Navigating your insurance plan can feel overwhelming, especially when it comes to deductibles. This guide will help you understand how high-deductible plans work and what they might mean for your therapy costs.
Key Points
A deductible is the set amount you pay out-of-pocket before your insurance starts covering part of your therapy costs.
With a high-deductible plan, you'll pay more sessions entirely out-of-pocket before insurance coverage kicks in, compared to a low-deductible plan.
Once your deductible is met, you'll typically owe a copay or coinsurance per session — not necessarily $0 — until you reach your out-of-pocket maximum.
Your out-of-pocket maximum is the annual cap on your total cost-sharing. Once you reach it, insurance covers 100% of the remaining plan year.
Not all plans have deductibles — some use flat copays instead. Check your Summary of Benefits and Coverage (SBC) or call your insurer to confirm how your plan works.
What is a deductible?
A deductible is a set amount of out-of-pocket spending. With a deductible plan, the out-of-pocket price per session is determined by your insurance company. Once you've reached your deductible amount, your insurance company will start contributing to your therapy costs. Your plan determines the set amount or percentage they cover.
What if my plan uses copays instead of a deductible?
Not all plans work the same way. Some plans — particularly EPO, HMO, and certain employer-sponsored plans — use a flat copay per session rather than a deductible. With a copay plan, you pay the same fixed amount every visit, regardless of how much you've spent that year, and insurance covers the rest right away.
If your plan has a $0 deductible or uses copays, this article may not fully apply to your situation. The best way to confirm how your plan works is to check your Summary of Benefits and Coverage or call the member services number on the back of your insurance card.
How do high-deductible plans work for therapy?
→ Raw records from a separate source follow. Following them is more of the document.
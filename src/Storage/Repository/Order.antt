-- ===== src/Storage/Repository/Order.antt =====
-- The listing of an application's files (GetByApplicationID in internal/storage/repository.go).
use mathlib.Core.Path.{subst}
use prappser_spaces.Base.{refl, inl, inr, List, [], ◌∷◌, In, Bool-cases}
use prappser_spaces.Base.Int.{ltb_ℤ}
use prappser_spaces.Storage.{Storage}
use prappser_spaces.Storage.Repository.{Row, scanned, insert_young, youngest_first}

-- The order of the listing keeps its members.
In-insert_young : (s a : Storage) (l : List Storage) → In a l → In a (insert_young s l)
unfolding insert_young
In-insert_young s a [] i = absurd i
In-insert_young s a (x ∷ xs) i = elim (Bool-cases (ltb_ℤ s.created_at x.created_at)) [
  | inl t ↦ rw t (elim i [ inl e ↦ inl e | inr j ↦ inr (In-insert_young s a xs j) ])
  | inr f ↦ rw f (inr i)
]

head-insert_young : (s : Storage) (l : List Storage) → In s (insert_young s l)
unfolding insert_young
head-insert_young s [] = inl refl
head-insert_young s (x ∷ xs) = elim (Bool-cases (ltb_ℤ s.created_at x.created_at)) [
  | inl t ↦ rw t (inr (head-insert_young s xs))
  | inr f ↦ rw f (inl refl)
]

pub In-youngest_first : (r : Row) (rs : List Row) → In r rs → In (scanned r) (youngest_first rs)
unfolding youngest_first
In-youngest_first r [] i = absurd i
In-youngest_first r (x ∷ xs) (inl e) =
    subst (λ y. In (scanned y) (youngest_first (x ∷ xs))) e
      (head-insert_young (scanned x) (youngest_first xs))
In-youngest_first r (x ∷ xs) (inr j) =
    In-insert_young (scanned x) (scanned r) (youngest_first xs) (In-youngest_first r xs j)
With a high-deductible plan, you'll need to pay more out-of-pocket before your insurance company contributes. The difference in deductibles between plans can mean you spend more months paying the full session cost out of pocket before insurance coverage starts. For example:
Plan Type | Deductible | Session Cost | Sessions Required | Time Required |
Low Deductible | $1000 | $100 | 10 | ~2.5 months |
High Deductible | $3000 | $100 | 30 | ~7.5 months |
But remember, this example only covers therapy costs. If you plan to receive other care that counts toward your deductible, the sessions and duration before your insurance coverage begins could change a lot.
What happens after you meet your deductible?
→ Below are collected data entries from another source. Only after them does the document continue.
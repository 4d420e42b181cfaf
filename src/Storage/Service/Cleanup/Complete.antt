-- ===== src/Storage/Service/Cleanup/Complete.antt =====
-- The cleanup of an application's files (CleanupApplicationStorage in internal/storage/service.go):
-- all or, for the rows, nothing.
use mathlib.Core.Path.{subst}
use prappser_spaces.Base.{
  String, ◌≡◌, ◌⊎◌, refl, sym, inl, inr, true, false, Option, none, some, List, [], ◌∷◌, ◌==◌,
  eq_iff, filter, All, arith, Bool-cases,
}
use prappser_spaces.Base.Members.{All-of_In, All-In}
use prappser_spaces.Result.{Result, ok, err, Error}
use prappser_spaces.Storage.{Storage}
use prappser_spaces.Storage.Backend.{IsFaithful, succeeds, is_content}
use prappser_spaces.Storage.Repository.{
  Table, scanned, in_application_row, get_by_application_id, delete_by_application_id,
}
use prappser_spaces.Storage.Repository.Order.{In-youngest_first}
use prappser_spaces.Storage.Run.{after, Service, State, ◌>>=◌, ◌>>◌, query, change, on_disk}
use prappser_spaces.Storage.Service.Cleanup.{
  join, delete_blobs, delete_all_blobs, cleanup_application_storage,
}

join-ok :
    (a b : Result (Unit {0}))
    → succeeds (join a b) ≡ true
    → (succeeds a ≡ true) × (succeeds b ≡ true)
unfolding join
join-ok (ok x) b h = (refl, h)
join-ok (err e) (ok y) h = absurd (ground arith)
join-ok (err e) (err e') h = absurd (ground arith)

module _ {Disk : Type 0} (o : Service Disk) (faithful : IsFaithful o.backend) where
  abbrev Gone : String → Disk → Type 0
  Gone p d = is_content (o.backend.fetch p d) ≡ false

  Gone-delete :
      (p q : String) (d : Disk)
      → Gone p d
      → succeeds (o.backend.delete q d).0 ≡ true
      → Gone p (o.backend.delete q d).1
  Gone-delete p q d g s = elim (Bool-cases (q == p)) [
    | inl t ↦
        subst (λ k. Gone k (o.backend.delete q d).1) ((eq_iff q p).0 t) (faithful.deleted q d s)
    | inr f ↦
        subst (λ r. is_content r ≡ false)
          (sym (faithful.delete_other q p d (λ e. absurd (ground (arith, eq_iff q p))))) g
  ]

  -- Neither the file nor its thumbnail, if it has one, can be read.
  abbrev pub IsGone : Storage → Disk → Type 0
  IsGone s d = Gone s.storage_path d × ((s.thumbnail_path == "") ≡ false → Gone s.thumbnail_path d)

  delete_blobs-Gone :
      (p : String) (s : Storage) (d : Disk)
      → Gone p d
      → succeeds (delete_blobs o s d).0 ≡ true
      → Gone p (delete_blobs o s d).1
  unfolding delete_blobs
  delete_blobs-Gone p s d g h = elim (Bool-cases (s.thumbnail_path == "")) [
    | inl t ↦ rw t (Gone-delete p s.storage_path d g (rw t at h))
    | inr f ↦
        let first = o.backend.delete s.storage_path d in
        let both = join-ok first.0 (o.backend.delete s.thumbnail_path first.1).0 (rw f at h) in
        rw f
          (Gone-delete p s.thumbnail_path first.1 (Gone-delete p s.storage_path d g both.0) both.1)
  ]

  delete_blobs-IsGone :
      (s : Storage) (d : Disk)
      → succeeds (delete_blobs o s d).0 ≡ true
      → IsGone s (delete_blobs o s d).1
  unfolding delete_blobs
  delete_blobs-IsGone s d h = elim (Bool-cases (s.thumbnail_path == "")) [
    | inl t ↦ rw t (faithful.deleted s.storage_path d (rw t at h), λ n. absurd (ground arith))
    | inr f ↦
        let first = o.backend.delete s.storage_path d in
        let both = join-ok first.0 (o.backend.delete s.thumbnail_path first.1).0 (rw f at h) in
        rw f (
          Gone-delete s.storage_path s.thumbnail_path first.1
              (faithful.deleted s.storage_path d both.0) both.1,
          λ n. faithful.deleted s.thumbnail_path first.1 both.1,
        )
  ]

  abbrev outcome : Result (Unit {0}) × Disk → Result (Unit {0}) × Disk → Result (Unit {0}) × Disk
  outcome r next = elim r.0 [ err e ↦ (err e, r.1) | ok _ ↦ next ]

  outcome-ok :
      (r next : Result (Unit {0}) × Disk)
      → succeeds (outcome r next).0 ≡ true
      → (succeeds r.0 ≡ true) × (outcome r next ≡ next)
  outcome-ok (ok x, d) next h = (refl, refl)
  outcome-ok (err e, d) next h = absurd (ground arith)

  all-Gone-stay :
      (p : String) (l : List Storage) (d : Disk)
      → Gone p d
      → succeeds (delete_all_blobs o l d).0 ≡ true
      → Gone p (delete_all_blobs o l d).1
  unfolding delete_all_blobs
  all-Gone-stay p [] d g h = g
  all-Gone-stay p (s ∷ rest) d g h =
      let r = delete_blobs o s d in
      let next = delete_all_blobs o rest r.1 in
      let split = outcome-ok r next h in
      subst (λ n. Gone p n.1) (sym split.1)
        (all-Gone-stay p rest r.1 (delete_blobs-Gone p s d g split.0)
          (subst (λ n. succeeds n.0 ≡ true) split.1 h))

  delete_all_blobs-IsGone :
      (l : List Storage) (d : Disk)
      → succeeds (delete_all_blobs o l d).0 ≡ true
      → All (λ s. IsGone s (delete_all_blobs o l d).1) l
  unfolding delete_all_blobs
  delete_all_blobs-IsGone [] d h = tt
  delete_all_blobs-IsGone (s ∷ rest) d h =
      let r = delete_blobs o s d in
      let next = delete_all_blobs o rest r.1 in
      let split = outcome-ok r next h in
      let ends : succeeds next.0 ≡ true = subst (λ n. succeeds n.0 ≡ true) split.1 h in
      let gone = delete_blobs-IsGone s d split.0 in
      subst (λ n. All (λ s'. IsGone s' n.1) (s ∷ rest)) (sym split.1)
        (
          (
            all-Gone-stay s.storage_path rest r.1 gone.0 ends,
            λ n. all-Gone-stay s.thumbnail_path rest r.1 (gone.1 n) ends,
          ),
          delete_all_blobs-IsGone rest r.1 ends,
        )

-- Of the deletion of the rows behind that of the files: what it leaves when it ends well, and when
-- it does not. `g` is the statement, and `G` what the deletion of the files gives.
rows_last :
    {Disk : Type 0} (g : Table → Table) (G : Disk → Type 0) (st : State Disk) (f : Option Error)
    (r : Result (Unit {0})) (d : Disk)
    → (succeeds r ≡ true → G d)
    → (let run = after (r, record st { disk = d }) (λ _. change f (λ t. ok (g t))) in
        (succeeds run.0 ≡ true → (run.1.table ≡ g st.table) × G run.1.disk)
        × (succeeds run.0 ≡ false → run.1.table ≡ st.table))
rows_last g G st f (err e) d h = (λ x. absurd (ground arith), λ x. refl)
rows_last g G st (some e) (ok u) d h = (λ x. absurd (ground arith), λ x. refl)
rows_last g G st none (ok u) d h = (λ x. (refl, h refl), λ x. absurd (ground arith))

listed_first :
    {Disk : Type 0} (o : Service Disk) (faithful : IsFaithful o.backend) (app_id : String)
    (st : State Disk) (f f' : Option Error)
    → (let files = get_by_application_id app_id st.table in
        let run =
          (query f (λ t. ok (get_by_application_id app_id t)) >>= λ l.
          on_disk (delete_all_blobs o l) >> change f' (λ t. ok (delete_by_application_id app_id t)))
            st in
        (succeeds run.0 ≡ true
          → (run.1.table ≡ delete_by_application_id app_id st.table)
            × All (λ s. IsGone o faithful s run.1.disk) files)
        × (succeeds run.0 ≡ false → run.1.table ≡ st.table))
listed_first o faithful app_id st (some e) f' = (λ x. absurd (ground arith), λ x. refl)
listed_first o faithful app_id st none f' =
    let files = get_by_application_id app_id st.table in
    let r = delete_all_blobs o files st.disk in
    rows_last (delete_by_application_id app_id) (λ d. All (λ s. IsGone o faithful s d) files) st f'
      r.0 r.1 (delete_all_blobs-IsGone o faithful files st.disk)

-- The cleanup of an application's files, with a backend from which a file that was deleted cannot be
-- read: either it ends well, the rows of the application are deleted and no others, and neither the
-- file of such a row nor its thumbnail can be read; or it fails and the table is as it was, so a
-- next attempt finds every path.
pub cleanup_exact :
    {Disk : Type 0} (o : Service Disk) (faithful : IsFaithful o.backend) (app_id : String)
    (st : State Disk)
    → (let run = cleanup_application_storage o app_id st in
        ((succeeds run.0 ≡ true)
          × (run.1.table ≡ delete_by_application_id app_id st.table)
          × All
              (λ r. IsGone o faithful r.file run.1.disk)
              (filter (in_application_row app_id) st.table.rows))
        ⊎ ((succeeds run.0 ≡ false) × (run.1.table ≡ st.table)))
unfolding cleanup_application_storage get_by_application_id
cleanup_exact o faithful app_id st =
    let h = listed_first o faithful app_id st o.faults.on_list o.faults.on_delete in
    let run = cleanup_application_storage o app_id st in
    let rows = filter (in_application_row app_id) st.table.rows in
    elim (Bool-cases (succeeds run.0)) [
      | inl x ↦ inl (
        x,
        (h.0 x).0,
        All-of_In (λ r. IsGone o faithful r.file run.1.disk) rows
            (λ r i.
              All-In (λ s. IsGone o faithful s run.1.disk) (get_by_application_id app_id st.table)
                (scanned r) (h.0 x).1 (In-youngest_first r rows i)),
      )
      | inr x ↦ inr (x, h.1 x)
    ]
Meeting your deductible doesn't mean your sessions become free — it means insurance starts covering part of the cost. What you pay after that depends on your plan:
Coinsurance: You pay a percentage of the allowed amount per session (for example, 20%), and your insurance covers the rest. Your share will vary slightly depending on the session rate.
Copay: You pay a fixed amount per session (for example, $30), regardless of the total session cost.
Both: Some plans have you pay a copay until you meet your deductible, then switch to coinsurance — or vice versa.
Your plan documents (often called a Summary of Benefits and Coverage) will specify which applies to you.
Out-of-pocket maximum
Once your total out-of-pocket spending — including your deductible, copays, and coinsurance — reaches your plan's out-of-pocket maximum, your insurance covers 100% of covered services for the rest of the plan year. For clients in high-deductible plans, this is the point at which therapy becomes fully covered.
🌟 Note: Your out-of-pocket maximum typically resets at the start of each new plan year, along with your deductible.
Key things to consider
🗓️ Therapy timeline
Many clients find that 3–6 months of therapy aligns with their goals. With a high deductible, you may complete treatment before reaching insurance coverage.
🏥 Other medical care
If you plan to receive additional care that will count towards your deductible, the sessions and time required may change dramatically. The example above is for illustrative purposes and only considers Grow Therapy costs.
Next steps
Review your plan's Summary of Benefits and Coverage (SBC) — a standardized document your insurer is required to provide — to see your deductible, out-of-pocket maximum, and what's covered. You can usually find it in your insurer's member portal or by calling the member services number on the back of your insurance card.